Effect of Infections on the Thyroid Gland.

Cole, Womack and Gray 1 and others^2,3 described certain pathologic changes in thyroids of persons who suffered from acute or chronic infections, such as pneumonia or peritonitis. The glands were obtained at autopsy from individuals who succumbed to either an acute or chronic infection. The changes noted in the thyroid were of a two-fold nature, depending in each case on the acuteness or chronicity of the infection from which the patient died. Thus, where death was a result of pneumonia or acute peritonitis, the changes in the thyroid consisted mainly in desquamation of the epithelium lining the acini and softening of the colloid. When death of the individual was due to a more chronic type of infection, the thyroid did not show any epithelial desquamation, but rather a heaping up of the acinar cells with papillary projections into the alveoli, and increased scar formation. Very similar changes to those described above, were previously noted by Cole and Womack 2 in dogs in whom they had experimentally produced acute infections and toxemias.

We thought it of interest to carry out similar experiments in guinea pigs, because the thyroid gland of guinea pigs has been very carefully studied in the laboratory under normal as well as under various experimental conditions and we are therefore well acquainted with the changes which take place in the thyroid of guinea pigs under various conditions.

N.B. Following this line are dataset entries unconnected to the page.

-- ===== src/Ramps/Provider/Laws.antt =====
-- What the registry resolves for an id: apps/api/src/ramps/providers/ramp-provider.registry.ts.
use pay_era.Prelude.{
  ◌≡◌, ◌∙◌, refl, true, false, [], ◌∷◌, ◌++◌, String, ok, str_eq, eq_iff, arith, All, All-append,
  All-map, append-nil, append_assoc, Bool-cases, inl, inr, if◌then◌else◌,
}
use pay_era.Ramps.Provider.{Provider, Registry, has, register_from, register, get}

-- Every provider is found under its own id.
abbrev pub Resolves : Registry → Registry → Type 0
Resolves r = All (λ p. get p.id r ≡ ok p)

get-append :
    (r : Registry) (p : Provider) (id : String)
    → has p.id r ≡ false
    → get id (r ++ p ∷ [])
      ≡ (if has id r then get id r else if str_eq p.id id then ok p else get id [])
unfolding get has
get-append [] p id h = ground arith
get-append (x ∷ r) p id h = ground (arith, get-append r p id)

get-id : (r : Registry) (id : String) {p : Provider} → get id r ≡ ok p → p.id ≡ id
unfolding get
get-id [] id e = ground arith
get-id (x ∷ r) id {p} e = ground (arith, get-id r id {p = p}, eq_iff x.id id)

has-append :
    (r : Registry) (p : Provider) (id : String)
    → has id (r ++ p ∷ []) ≡ (if has id r then true else str_eq p.id id)
unfolding has
has-append [] p id = ground arith
has-append (x ∷ r) p id = ground (arith, has-append r p id)

has_of_get : (r : Registry) (id : String) {p : Provider} → get id r ≡ ok p → has id r ≡ true
unfolding get has
has_of_get [] id e = ground arith
has_of_get (x ∷ r) id {p} e = ground (arith, has_of_get r id {p = p})

Resolves-append :
    (r : Registry) (p : Provider)
    → has p.id r ≡ false
    → Resolves r r
    → Resolves (r ++ p ∷ []) (r ++ p ∷ [])
Resolves-append r p new h =
    All-append (λ q. get q.id (r ++ p ∷ []) ≡ ok q) r (p ∷ [])
      (All-map (λ q. get q.id r ≡ ok q) (λ q. get q.id (r ++ p ∷ []) ≡ ok q)
        (λ q e. ground (arith, get-append r p q.id new, has_of_get r q.id {p = q})) r h)
      (ground (arith, get-append r p p.id new, eq_iff p.id p.id), tt)

register_from-Resolves :
    (r ps : Registry) {out : Registry}
    → Resolves r r
    → register_from r ps ≡ ok out
    → (out ≡ r ++ ps) × Resolves out out
unfolding register_from
register_from-Resolves r [] {out} h e =
    let same : r ≡ out = ground arith in rw (append-nil, ← same) (refl, h)
register_from-Resolves r (p ∷ ps) {out} h e = elim (Bool-cases (has p.id r)) [
  | inl old ↦ absurd (ground arith)
  | inr new ↦
      let (same, all) =
        register_from-Resolves (r ++ p ∷ []) ps {out = out} (Resolves-append r p new h)
          (ground arith) in
      (same ∙ append_assoc r (p ∷ []) ps, all)
]

-- Where the registry can be built it holds the providers that it was given, and each of them is
-- resolved by its own id; what is resolved for an id has that id.
pub register-Resolves :
    (ps out : Registry)
    → register ps ≡ ok out
    → (out ≡ ps) × Resolves out out × ((id : String) (p : Provider) → get id out ≡ ok p → p.id ≡ id)
unfolding register
register-Resolves ps out e =
    let (same, all) = register_from-Resolves [] ps {out = out} tt e in
    (same, all, λ id p found. get-id out id found)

We used 26 guinea pigs, in 16 of which an acute infection was produced by injecting fecal material into the peritoneal cavity. The time of development of an acute peritonitis and the consequent death of the injected animal was found to vary according to the quantity of injected material and site of injection. If the site of injection was high up in the abdomen, viz., in the region of the diaphragm, where absorption is more rapid, the animal died much sooner than when injected in the pelvis.